══ Data records ══

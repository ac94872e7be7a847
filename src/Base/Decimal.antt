-- ===== src/Base/Decimal.antt =====
-- `str(n)`, `f"{n:04d}"` and reading a run of digits back.
use Prim.Native.Nat.{ℕ, zero, suc, ◌+◌, ◌-◌, ◌*◌, ◌/◌, ◌%◌, ◌<◌}
use mathlib.Core.Path.{◌≡◌, refl, ◌∙◌}
use mathlib.Core.Bool.{true, false}
use mathlib.Core.Logic.{inl, inr}
use mathlib.Core.List.{[], ◌∷◌, ◌++◌}
use native.Mathlib.Omega.{arith}
use unitor_win64_driver.Base.Tests.{ltb, if◌then◌else◌, Bool-cases}
use unitor_win64_driver.Base.Lists.{all, equal}
use unitor_win64_driver.Base.Strings.{Text, is_digit}

-- On fuel: `n + 1` rounds are more than the digits of `n`.
unfoldable pub digits_of : ℕ → ℕ → Text
digits_of zero n = []
digits_of (suc fuel) n =
    let rest = digits_of fuel (n / 10) in
    if ltb n 10 then (n + 48) ∷ [] else rest ++ (n % 10 + 48) ∷ []

unfoldable pub decimal : ℕ → Text
unfolding digits_of
decimal n = digits_of (suc n) n

-- The number that a text of digits stands for, after `acc`
unfoldable pub read_digits : ℕ → Text → ℕ
read_digits acc [] = acc
read_digits acc (c ∷ cs) = read_digits (acc * 10 + (c - 48)) cs

read_digits-concat :
    (acc c : ℕ) (s : Text) → read_digits acc (s ++ c ∷ []) ≡ read_digits acc s * 10 + (c - 48)
unfolding read_digits
read_digits-concat acc c [] = refl
read_digits-concat acc c (d ∷ s) = read_digits-concat (acc * 10 + (d - 48)) c s

read_digits-digits_of : (fuel n : ℕ) → n < fuel → read_digits 0 (digits_of fuel n) ≡ n
unfolding digits_of
read_digits-digits_of zero n h = elim h [ ]
read_digits-digits_of (suc fuel) n h = elim (Bool-cases (ltb n 10)) [
  | inl small ↦ rw small (unfold read_digits in omega arith)
  | inr big ↦ rw big (
      read_digits-concat 0 (n % 10 + 48) (digits_of fuel (n / 10))
      ∙ omega (arith, read_digits-digits_of fuel (n / 10) (ground arith)))
]

-- Printing a number and reading its digits gives the number: no digit is lost to the fuel.
pub read_digits-decimal : (n : ℕ) → read_digits 0 (decimal n) ≡ n
unfolding decimal
read_digits-decimal n = read_digits-digits_of (suc n) n (omega arith)

all-append :
    (xs ys : Text)
    → all is_digit xs ≡ true
    → all is_digit ys ≡ true
    → all is_digit (xs ++ ys) ≡ true
all-append [] ys h k = k
all-append (x ∷ xs) ys h k = ground (arith, all-append xs ys)

digits_of-is_digit : (fuel n : ℕ) → all is_digit (digits_of fuel n) ≡ true
unfolding digits_of
digits_of-is_digit zero n = refl
digits_of-is_digit (suc fuel) n = ground (
  arith,
  all-append (digits_of fuel (n / 10)) ((n % 10 + 48) ∷ []),
  digits_of-is_digit fuel (n / 10),
)

-- A number prints as digits.
pub decimal-is_digit : (n : ℕ) → all is_digit (decimal n) ≡ true
unfolding decimal
decimal-is_digit n = digits_of-is_digit (suc n) n

concat-ne-nil : (xs : Text) (c : ℕ) → equal (xs ++ c ∷ []) [] ≡ false
concat-ne-nil [] c = refl
concat-ne-nil (x ∷ xs) c = refl

-- At least one digit is printed.
pub decimal-ne-nil : (n : ℕ) → equal (decimal n) [] ≡ false
unfolding decimal digits_of
decimal-ne-nil n = ground (arith, concat-ne-nil (digits_of n (n / 10)) (n % 10 + 48))
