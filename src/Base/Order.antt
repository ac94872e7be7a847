-- ===== src/Base/Order.antt =====
-- Python's order on texts, and `sort` on a Boolean order.
use mathlib.Core.Bool.{Bool, true, false, ◌&&◌, ◌||◌}
use mathlib.Core.List.{List, [], ◌∷◌}
use unitor_win64_driver.Base.Tests.{ltb, ◌==◌, if◌then◌else◌}
use unitor_win64_driver.Base.Strings.{Text}

-- `a <= b` on texts: by code points, a prefix first
abbrev pub text_le : Text → Text → Bool
text_le [] b = true
text_le (x ∷ xs) [] = false
text_le (x ∷ xs) (y ∷ ys) = ltb x y || (x == y && text_le xs ys)

module _ {ℓ} {A : Type ℓ} (le : A → A → Bool) where
  abbrev pub insert_sorted : A → List A → List A
  insert_sorted a [] = a ∷ []
  insert_sorted a (x ∷ xs) =
      let rest = insert_sorted a xs in if le a x then a ∷ x ∷ xs else x ∷ rest

  -- A stable sort, as `sorted` is: equal elements keep their order.
  abbrev pub sorted : List A → List A
  sorted [] = []
  sorted (x ∷ xs) = insert_sorted x (sorted xs)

═══

Exercise description → Within the data above, the span starting at the line containing "digits_of-is_digit zero n = refl" and ending at the line containing "concat-ne-nil [] c = refl" is to be retyped exactly, with no other lines.

Task response →
digits_of-is_digit zero n = refl
digits_of-is_digit (suc fuel) n = ground (
  arith,
  all-append (digits_of fuel (n / 10)) ((n % 10 + 48) ∷ []),
  digits_of-is_digit fuel (n / 10),
)

-- A number prints as digits.
pub decimal-is_digit : (n : ℕ) → all is_digit (decimal n) ≡ true
unfolding decimal
decimal-is_digit n = digits_of-is_digit (suc n) n

concat-ne-nil : (xs : Text) (c : ℕ) → equal (xs ++ c ∷ []) [] ≡ false
concat-ne-nil [] c = refl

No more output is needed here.